On TV, brand-building ads can move viewers to tears. In glossy magazines, good ads can also strike an emotional chord. But on the Web, advertising comes off as merely annoying. "It screams 'ugly blinking thing here,'" admits Tom Worcester, VP of sales at Quokka Sports (QKKA). This leaves many important advertisers on the sidelines. "You need to see, feel, touch and experience our product, and the Internet doesn't [let you] do that," says Tim Mahoney, GM of marketing for Porsche Cars North America. "I'm limited by bandwidth. For a lot of people, I'm not even going to be able to get across the sound a Porsche makes. And a lot of our owners tell us they drive with their radios off just to hear the sound of the engine."

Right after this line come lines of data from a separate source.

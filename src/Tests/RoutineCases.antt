-- ===== src/Tests/RoutineCases.antt =====
-- A routine at concrete inputs, line by line.
use zephyr_uds.Base.{◌≡◌, ◌≢◌, refl, true, false, List, [], ◌∷◌, Buffer, holding}
use zephyr_uds.Types.{
  running, extended_session, nrc, work_submit, timer_start, routine_nrc78_timer, routine_work,
}
use zephyr_uds.Types.Nrc
use zephyr_uds.Routine.{Routine, worker, start, handle_control, power_on, nrc78_timer_expiry}
use zephyr_uds.Routine.Steps.{
  Running, Seen, accepted, returned, called, calls, stops, calls_of, worker_line, Trace, later,
  line, tick, request,
}
use zephyr_uds.Routine.Steps
use zephyr_uds.Routine.Interleaving.{
  nothing, known, owed_after, InOrder, routine_orderly, lines, about_to_run,
  lines-eq-routine_worker,
}
use zephyr_uds.Tests.Bench.{World, blank, bench_app}

abbrev at_rest : Running World
at_rest = record { world = blank; pc = Steps.idle; statics = power_on; armed = false }

abbrev start_message : Buffer
start_message = holding (0x31 ∷ 0x01 ∷ 0xFF ∷ 0x00 ∷ [])

abbrev started : Routine
started = record {
  status = running;
  exit_info = 0;
  active_routine_id = 0xFF00;
  stored_sid = 0x31;
  callbacks = true;
}

-- A start, the timer, the application's hook, and a start that is refused while the hook runs.
abbrev seen_then : List Seen
seen_then =
    accepted 0xFF00
    ∷ called (timer_start routine_nrc78_timer 0 20)
    ∷ called (work_submit routine_work)
    ∷ called (nrc 0x31 Nrc.response_pending)
    ∷ called (nrc 0x31 Nrc.conditions_not_correct)
    ∷ returned true
    ∷ []

abbrev routine_then : Running World
routine_then = record { world = blank; pc = Steps.marks true 0; statics = started; armed = true }

routine_steps : Trace bench_app at_rest seen_then routine_then
unfolding power_on handle_control start worker_line nrc78_timer_expiry
routine_steps =
    later
      (later
        (later (later Steps.start (request extended_session start_message 4 refl refl refl))
          (tick refl refl))
        (request extended_session start_message 4 refl refl refl))
      (line refl refl)

at_rest-free : at_rest.statics.status ≢ running
unfolding power_on
at_rest-free e = cc

routine_orderly_example :
    (owed_after nothing seen_then ≡ known 0xFF00 true) × (InOrder bench_app routine_then)
routine_orderly_example =
    routine_orderly bench_app at_rest routine_then seen_then refl at_rest-free refl routine_steps

routine_lines :
    let (t, seen) = lines bench_app 4 (about_to_run bench_app blank started true) in
    ((t.world, t.statics, calls_of seen) ≡ worker bench_app blank started) × (t.pc ≡ Steps.idle)
routine_lines = lines-eq-routine_worker bench_app blank started true
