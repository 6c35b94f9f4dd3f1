-- ===== src/Tests/RunCases.antt =====
-- The bounds of the statics and of the frames, at concrete inputs.
use zephyr_uds.Base.{ℕ, ◌≡◌, ◌≤◌, leb, refl, true, some, List, [], ◌∷◌, if◌then◌else◌, arith}
use zephyr_uds.Types.{physical, success}
use zephyr_uds.Platform.{default_config, App, Reading, stored}
use zephyr_uds.Flash
use zephyr_uds.Periodic
use zephyr_uds.ClearDtc
use zephyr_uds.DynamicDid
use zephyr_uds.Server.Machine.{
  received, periodic_runs, clear_dtc_runs, Moment, happens, restarts, power_on, run,
}
use zephyr_uds.Server.Machine.{Event}
use zephyr_uds.Tests.Bench.{bench_fills}
use zephyr_uds.Security
use zephyr_uds.Security.Guessing.{power_on-IsCounting}
use zephyr_uds.Server.Residue.{Exact}
use zephyr_uds.Server.Residue.Life.{residue_unseen}
use zephyr_uds.Server.Width.{IsWithin}
use zephyr_uds.Server.Frames.{Roomy}
use zephyr_uds.Server.Frames.Life.{life_fits, life_fits_buffers}
use zephyr_uds.Tests.Bench.{
  World, zeros, bench_os, bench_app, sample_reading, default_config-IsConfig,
}
use zephyr_uds.Tests.ServerBench.{fresh}

-- A dynamic identifier and a periodic one are defined, both are read, a clearing runs, and the
-- controller restarts.
abbrev busy_life : List Moment
busy_life =
    happens (received physical (0x2C ∷ 0x01 ∷ 0xF3 ∷ 0x01 ∷ 0x12 ∷ 0x34 ∷ 2 ∷ 255 ∷ 0 ∷ []))
    ∷ happens (received physical (0x22 ∷ 0xF3 ∷ 0x01 ∷ []))
    ∷ happens (received physical (0x2A ∷ 0x01 ∷ 0x77 ∷ []))
    ∷ happens periodic_runs
    ∷ happens (received physical (0x14 ∷ 0xFF ∷ 0xFF ∷ 0xFF ∷ []))
    ∷ happens clear_dtc_runs
    ∷ restarts zeros 0
    ∷ []

fresh-IsWithin : IsWithin fresh
unfolding power_on Flash.init Periodic.power_on DynamicDid.power_on ClearDtc.power_on
fresh-IsWithin = record {
  rx = λ i. omega arith;
  flash = ground arith;
  periodic = (omega arith, λ i. omega arith);
  dynamic = ground arith;
  clear = ground arith;
}

-- The application of the bench, which gives nothing where there is no room.
abbrev sample_in : ℕ → Reading
sample_in max_len =
    if leb 4 max_len
    then sample_reading
    else record { ret = success; written = []; len_out = some 0 }

abbrev careful_app : App World
careful_app = record bench_app {
  read_did = λ w did max_len. (w, sample_in max_len);
  get_freeze_frame = λ w dtc record_num max_len. (w, sample_in max_len);
}

sample_in-fits : (max_len : ℕ) → stored (sample_in max_len).len_out 0 ≤ max_len
sample_in-fits max_len = ground arith

careful_app-Roomy : Roomy careful_app
careful_app-Roomy = record {
  read_did = λ w did max_len. sample_in-fits max_len;
  freeze_frame = λ w dtc record_num max_len. sample_in-fits max_len;
  periodic_did = λ w did before fine. omega arith;
}

life_fits_buffers_example : life_fits default_config bench_os careful_app fresh busy_life ≡ true
life_fits_buffers_example =
    life_fits_buffers default_config bench_os careful_app default_config-IsConfig careful_app-Roomy
      (omega arith) fresh busy_life refl fresh-IsWithin

careful_app-Exact : Exact careful_app
careful_app-Exact = record {
  read_did = λ w did max_len fine. ground arith;
  freeze_frame = λ w dtc record_num max_len fine. ground arith;
}

-- A seed, a dynamic identifier and two reads.
abbrev reading_events : List Event
reading_events =
    received physical (0x27 ∷ 0x01 ∷ [])
    ∷ received physical (0x2C ∷ 0x01 ∷ 0xF3 ∷ 0x01 ∷ 0x12 ∷ 0x34 ∷ 2 ∷ 255 ∷ 0 ∷ [])
    ∷ received physical (0x22 ∷ 0xF3 ∷ 0x01 ∷ [])
    ∷ received physical (0x22 ∷ 0xF1 ∷ 0x90 ∷ [])
    ∷ []

residue_unseen_example :
    (run default_config bench_os careful_app fresh reading_events).1
    ≡ (run default_config bench_os careful_app
        (record fresh { tx_buf = λ i. 0x55 })
        reading_events).1
unfolding power_on Security.power_on
residue_unseen_example =
    residue_unseen default_config bench_os careful_app default_config-IsConfig bench_fills
      careful_app-Exact fresh (λ i. 0x55) reading_events refl fresh-IsWithin
      (power_on-IsCounting default_config default_config-IsConfig)
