-- ===== src/Lib.antt =====
-- Bank ledger: a model of the double-entry ledger service in Go and its theorems.
--
-- The program keeps accounts and ledger entries in PostgreSQL. An HTTP request passes the middleware
-- chain of cmd/main.go (size limit, CORS, rate limits of internal/ratelimit/ratelimit.go, the token) and
-- the idempotency middleware (internal/api/middleware_idempotency.go) to a handler
-- (internal/api/handler.go), which checks the owner and calls the ledger service
-- (internal/service/ledger.go); that runs its statements (db/sqlc) in one serializable transaction, with
-- rollback and retry (internal/db/store.go).
--
--   Prelude     Boolean tests, integers and text (strings.TrimSpace, strconv.Atoi) over native numbers.
--   Errors      error values with their chain of %w: internal/service/ledger.go, internal/db/store.go.
--   Runtime     what is not in the repository: answers of the database, UUIDs, the clock, the context,
--               shopspring/decimal, and the laws of the numbers that the code relies on.
--   Exec        the monad of fallible steps over the tables, with rules for what a run ensures
--               (Exec/Ensures) and for runs over a database that answers (Exec/Runs).
--   Sqlc        db/sqlc and db/migrations: the row types, the tables and one function per query.
--               Sqlc/Querier is the interface of the queries, on the pool or in a transaction.
--               Sqlc/Sorting is ORDER BY, Sqlc/Entries/Pages the pages of an account's history.
--   Store       internal/db/store.go: ExecTx is `exec_tx`, execTxOnce is `exec_tx_once`, retryWait is
--               `retry_wait`, sleepWithContext is `sleep_with_context`. Store/Atomic is about what is
--               committed, Store/Retries about the loop, Store/Backoff about its waits.
--   Ledger      internal/service/ledger.go: Deposit, Withdraw, Transfer and ReconcileAccount are
--               `deposit`, `withdraw`, `transfer` and `reconcile_account`; the function that each runs
--               in its transaction ends in `_tx`. Ledger/Movement specifies a movement of money,
--               Ledger/Invariant and Ledger/Books the books, Ledger/Outcomes joins them with ExecTx,
--               Ledger/Progress is about runs that succeed, Ledger/Refusals about those that the balance
--               does not cover, Ledger/Accounts and Ledger/Reconciliation about the rest. Ledger/Steps is
--               the abstract bank, a step relation on the tables, with the rules for runs that follow
--               it, what clients of the queries rely on (Ledger/Steps/Pool) and what no step takes back
--               (Ledger/Steps/Lasting); Ledger/Steps/Sessions shows that
--               the commits of this program are such steps, so that it may run several times.
--               Ledger/Journal is the entries without their order.
--   Api         internal/api: Http (requests, responses), Mapper, Amount, Token, Auth (Register,
--               Login), Accounts, Money (Deposit, Withdraw, Transfer), Queries (GetEntries,
--               GetTransactions, ReconcileAccount) and Idempotency; each handler is named after its
--               method, with `_handler`. Api/Steps shows that each handler follows the abstract bank,
--               Api/Money/Success is about requests that go through, Api/Money/Verdicts about every request for
--               a transfer, Api/Queries/Access and
--               Api/Queries/Statement about who may read what, Api/Queries/Paging and Api/Queries/Offsets about
--               pages, Api/Idempotency/Interceptor is
--               responseBufferInterceptor, Api/Idempotency/Races is about two requests at the same time.
--   RateLimit   internal/ratelimit/ratelimit.go: `get_limiter`, `cleanup`, the two middlewares and
--               `match_path`, over a limiter of golang.org/x/time/rate that is a parameter.
--   Config      cmd/main.go: parseAllowedOrigins and validateEnvironment; Config/Database is
--               resolveDBURL.
--   Server      cmd/main.go: the routes, /health and /ready. Server/Chain is the middleware chain
--               (`serve` is one request), Server/Start what happens before it.
--               Server/Books is about the tables, Server/Journal about
--               the journal, Server/Sessions about several instances on one database, Server/Access and
--               Server/Passage about who gets through, Server/Once and Server/Twice about a request that
--               is sent again.
--   Docs        docs/docs.go, the OpenAPI document that /swagger shows: Docs/Paths are its paths, with
--               one operation each in Docs/Accounts, Docs/Money, Docs/Queries and Docs/Users, and
--               Docs/Definitions its objects. Docs/Answers and Docs/Handlers are about the responses of
--               each handler, Docs/Served about those of the server, Docs/Routes about the table of
--               routes, Docs/Bodies and Docs/Shapes about the structs of internal/api/dto.go as JSON.
--   Examples    a small bank for the examples, and the theorems at concrete inputs.
--
-- State. `World` holds the tables and a counter of steps. Each statement, BEGIN, COMMIT, ROLLBACK and
-- wait takes a step, and `Runtime` says for every step whether it fails, which UUID or time it yields,
-- in which order a query lists rows that its ORDER BY leaves equal, and what other sessions have
-- committed before a transaction, or a query outside of one, that begins there. A theorem for every `Runtime` is so one for every pattern of failures and interleavings of
-- transactions and queries. `Server` holds the two rate limiters and the `World`; a request is served at
-- a time that is given with it.
--
-- Libraries. `Runtime`, `Decimals`, `Web`, `Buckets` and `Platform` hold the functions of PostgreSQL,
-- google/uuid, decimal, encoding/json, bcrypt, jwtauth, chi, cors and rate that the code calls. Which
-- endpoint chi finds for a path, which claims jwtauth finds in a token and what cors answers to a
-- preflight request are so parameters; the table of routes and all options are the source's.
--
-- Numbers. NUMERIC(19,4) is an integer of ten-thousandths, and a statement that leaves the range of the
-- type fails. Decimals are a type of shopspring/decimal, given by its functions and by laws: rounding to
-- four places is monotone, and text is read back as it was written. An int32 is written with its wrap.
--
-- Loops. The loop of ExecTx is recursion on the attempts left, ten as in the source; that of retryWait
-- is recursion on the attempt. No function of the model runs out of fuel otherwise.
--
-- Simplifications. A serializable transaction runs alone on the tables that its BEGIN sees; where
-- PostgreSQL cannot arrange that, a statement or the COMMIT fails. A COMMIT that fails leaves nothing
-- behind. A query outside a transaction is one of its own (`on_pool`). UUIDs are numbers, `interface{}`
-- values are a data type with a constructor per case of the type switch. Logs and metrics, on which
-- nothing depends, are left out. A user deletion, which would cascade to accounts, is never asked for.
-- The server takes its requests one at a time, and what runs beside a request shows in what the database
-- answers to it. Three lines of cmd/main.go do not compile against internal/ratelimit, and chi refuses a
-- route that is added before the middleware, as /metrics is; the model takes these lines as they are
-- meant.
--
-- Not modelled: of cmd/main.go the logging, godotenv, which fills the environment, the options of the
-- pool and of http.Server, and the shutdown, since a program that panics in its set-up never gets there;
-- internal/api/metrics.go, which registers metrics, and the latency that Deposit and Transfer observe;
-- the rendering of the document in docs/docs.go, which swag does; WithTx of
-- db/sqlc/db.go, which nothing calls; and the tests.
pub mod Prelude
pub mod Errors
pub mod Runtime
pub mod Exec
pub mod Sqlc
pub mod Store
pub mod Ledger
pub mod Api
pub mod RateLimit
pub mod Config
pub mod Server
pub mod Docs
pub mod Examples
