-- ===== src/Api.antt =====
-- internal/api: the HTTP handlers and the idempotency middleware.
pub mod Http
pub mod Mapper
pub mod Amount
pub mod Token
pub mod Auth
pub mod Accounts
pub mod Money
pub mod Queries
pub mod Idempotency
pub mod Steps
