-- ===== src/Prelude/Text.antt =====
-- Go's strings.TrimSpace and strconv.Atoi.
use Prim.Native.Nat.{ℕ, ◌+◌, ◌-◌, ◌*◌, ◌^◌}
use Prim.Native.Char.{code}
use Prim.Native.String.{String}
use mathlib.Core.Bool.{Bool, true, false, ◌&&◌, ◌||◌}
use mathlib.Core.Option.{Option, none, some}
use go_bank_ledger.Prelude.Tests.{leb, ◌==◌, if◌then◌else◌}
use go_bank_ledger.Prelude.Int.{ℤ, pos, sub_ℕ}

-- unicode.IsSpace
unfoldable pub is_space : ℕ → Bool
is_space c =
    leb 9 c && leb c 13
    || c == 0x20
    || c == 0x85
    || c == 0xa0
    || c == 0x1680
    || leb 0x2000 c && leb c 0x200a
    || c == 0x2028
    || c == 0x2029
    || c == 0x202f
    || c == 0x205f
    || c == 0x3000

abbrev pub is_empty : String → Bool
is_empty String.[] = true
is_empty (String.◌∷◌ c s) = false

unfoldable pub trim_left : String → String
unfolding is_space
trim_left String.[] = String.[]
trim_left (String.◌∷◌ c s) = if is_space (code c) then trim_left s else String.◌∷◌ c s

unfoldable pub trim_right : String → String
unfolding is_space
trim_right String.[] = String.[]
trim_right (String.◌∷◌ c s) =
    let rest = trim_right s in
    if is_space (code c) && is_empty rest then String.[] else String.◌∷◌ c rest

unfoldable pub trim_space : String → String
unfolding trim_left trim_right
trim_space s = trim_right (trim_left s)

-- The digits after the sign.
unfoldable pub digits_value : String → ℕ → Option ℕ
digits_value String.[] n = some n
digits_value (String.◌∷◌ c s) n =
    if leb b'0' (code c) && leb (code c) b'9'
    then digits_value s (n * 10 + (code c - b'0'))
    else none

abbrev in_int64 : Option ℕ → Bool → Option ℤ
in_int64 none minus = none
in_int64 (some n) true = if leb n (2 ^ 63) then some (sub_ℕ 0 n) else none
in_int64 (some n) false = if leb (n + 1) (2 ^ 63) then some (pos n) else none

abbrev digits : String → Option ℕ
digits String.[] = none
digits (String.◌∷◌ c s) = digits_value (String.◌∷◌ c s) 0

-- strconv.Atoi, on 64-bit integers.
unfoldable pub atoi : String → Option ℤ
unfolding digits_value
atoi String.[] = none
atoi (String.◌∷◌ c s) =
    if code c == b'-'
    then in_int64 (digits s) true
    else if code c == b'+'
    then in_int64 (digits s) false
    else in_int64 (digits (String.◌∷◌ c s)) false
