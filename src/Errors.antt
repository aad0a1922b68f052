-- ===== src/Errors.antt =====
-- Go's error values as internal/service/ledger.go, internal/db/store.go and the driver build them,
-- with `errors.Is` and `errors.As` along the chain of `%w`.
use go_bank_ledger.Prelude.{String, ◌+++◌, Bool, true, false, Option, none, some, str_eq}

-- `wrapped` is fmt.Errorf("text: %w", err); `tx_and_rollback` has `%w` for its first error and `%v`
-- for its second. `pq` is the driver's error with its SQLSTATE code.
pub data Error : Type 0 where
  insufficient_funds same_account_transfer invalid_amount currency_mismatch account_not_found :
      Error
  no_rows : Error
  context_done : Error
  plain : String → Error
  pq : String → String → Error
  wrapped : String → Error → Error
  tx_and_rollback : Error → Error → Error

-- `errors.As(err, &pqErr)`: the code of the first driver error along the chain.
unfoldable pub pq_code : Error → Option String
pq_code (pq code message) = some code
pq_code (wrapped text e) = pq_code e
pq_code (tx_and_rollback e rollback) = pq_code e
pq_code _ = none

-- The error at the end of the chain of `%w`, which `errors.Is` compares.
unfoldable pub root_cause : Error → Error
root_cause (wrapped text e) = root_cause e
root_cause (tx_and_rollback e rollback) = root_cause e
root_cause e = e

-- `errors.Is(err, ErrInsufficientFunds)`, and so on.
unfoldable pub is_insufficient_funds : Error → Bool
unfolding root_cause
is_insufficient_funds e = elim (root_cause e) [ insufficient_funds ↦ true | _ ↦ false ]

unfoldable pub is_invalid_amount : Error → Bool
unfolding root_cause
is_invalid_amount e = elim (root_cause e) [ invalid_amount ↦ true | _ ↦ false ]

unfoldable pub is_currency_mismatch : Error → Bool
unfolding root_cause
is_currency_mismatch e = elim (root_cause e) [ currency_mismatch ↦ true | _ ↦ false ]

-- `isSerializationError`
unfoldable pub is_serialization_error : Error → Bool
unfolding pq_code
is_serialization_error e = elim (pq_code e) [ none ↦ false | some code ↦ str_eq code "40001" ]

-- `err.Error()`
unfoldable pub error_text : Error → String
error_text insufficient_funds = "insufficient funds"
error_text same_account_transfer = "cannot transfer to the same account"
error_text invalid_amount = "amount must be positive"
error_text currency_mismatch = "currency mismatch"
error_text account_not_found = "account not found"
error_text no_rows = "sql: no rows in result set"
error_text context_done = "context canceled"
error_text (plain text) = text
error_text (pq code message) = "pq: " +++ message
error_text (wrapped text e) = text +++ (": " +++ error_text e)
error_text (tx_and_rollback e rollback) =
    "tx failed: " +++ (error_text e +++ (", rollback failed: " +++ error_text rollback))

Such experiences - and the passionate feelings they can arouse - aren't exactly the kinds of things banner ads deliver. In fact, banners are a dirty word in Internet advertising, and the industry has come up with a host of alternatives, from "skyscrapers" to "rectangles" - all variations on a theme. Indeed, the Internet Advertising Bureau last month announced with great fanfare new standards for larger "antibanners."
The skepticism about online advertising comes as corporate ad budgets dwindle because of the faltering economy. That double whammy has pushed many marketers to rely on their own sites rather than pay others for eyeballs. "We know now that we have to have a Web presence for marketing," says Steve Goldstein, VP of event marketing at UDV, which markets brands like Jose Cuervo and Smirnoff. "But it's going to be via our own site, not someone else's."
The evidence of companies depending on their own sites is easy to find. Parmalat, one of the world's biggest dairy marketers, has a small deal with AOL, but for the recent marketing push behind its UHT milk - so shelf-stable it doesn't have to be refrigerated - it depended solely on buys in TV, radio and print. "Its just too complex a sale to be done with a banner ad," says marketing VP Matt Petronio. "Our own site will do most of the heavy lifting."
Automobile companies, the biggest ad spenders out there, ought to love Web advertising. After all, customers might not use the Internet to decide to buy soap or potato chips, but making a big, discretionary purchase like a car is perfect for the Web. You can research every option, compare every feature. And, in fact, a high percentage of car buyers start by looking on the Web. But while the auto industry spent $10.5 billion on advertising last year, it spent less than $100 million, or 1 percent, on the Web, according to research firm CMR. Most car manufacturers are content to let their Web sites do their Internet marketing.
Where do companies get this idea? Often from their own ad agencies. When one senior marketer at a giant fast-food company recently wanted to determine if Internet advertising made sense for his wares, he asked his agency to put him in touch with a handful of interactive shops. Not one of them proposed that he buy any Internet advertising. Instead, they all pitched him a customized Web site that would cost in excess of $1 million to build. "I'm selling a $1.99 product and they're telling me that $1 million is the cost of entry to this medium?" asks the exec.
The truth is that, like their clients, agencies themselves often are uncomfortable with the Web. According to Scott Schiller, senior VP of strategic partnership marketing at Walt Disney Internet Group (DIG) and a founder of the Internet Advertising Bureau, the top creative minds in advertising find the Internet confining. "They'd rather be shooting a TV commercial in Monte Carlo," he says. Innovation is difficult when the prevailing mindset is still inexorably wrapped around selling soap on a sitcom. "Our biggest problem is that ad agencies are still in love with 30-second TV ads, because they know how to make money that way," says Brian Quinn, VP of ad sales at Real Media (dossier), N.Y., which sells and serves Internet ads.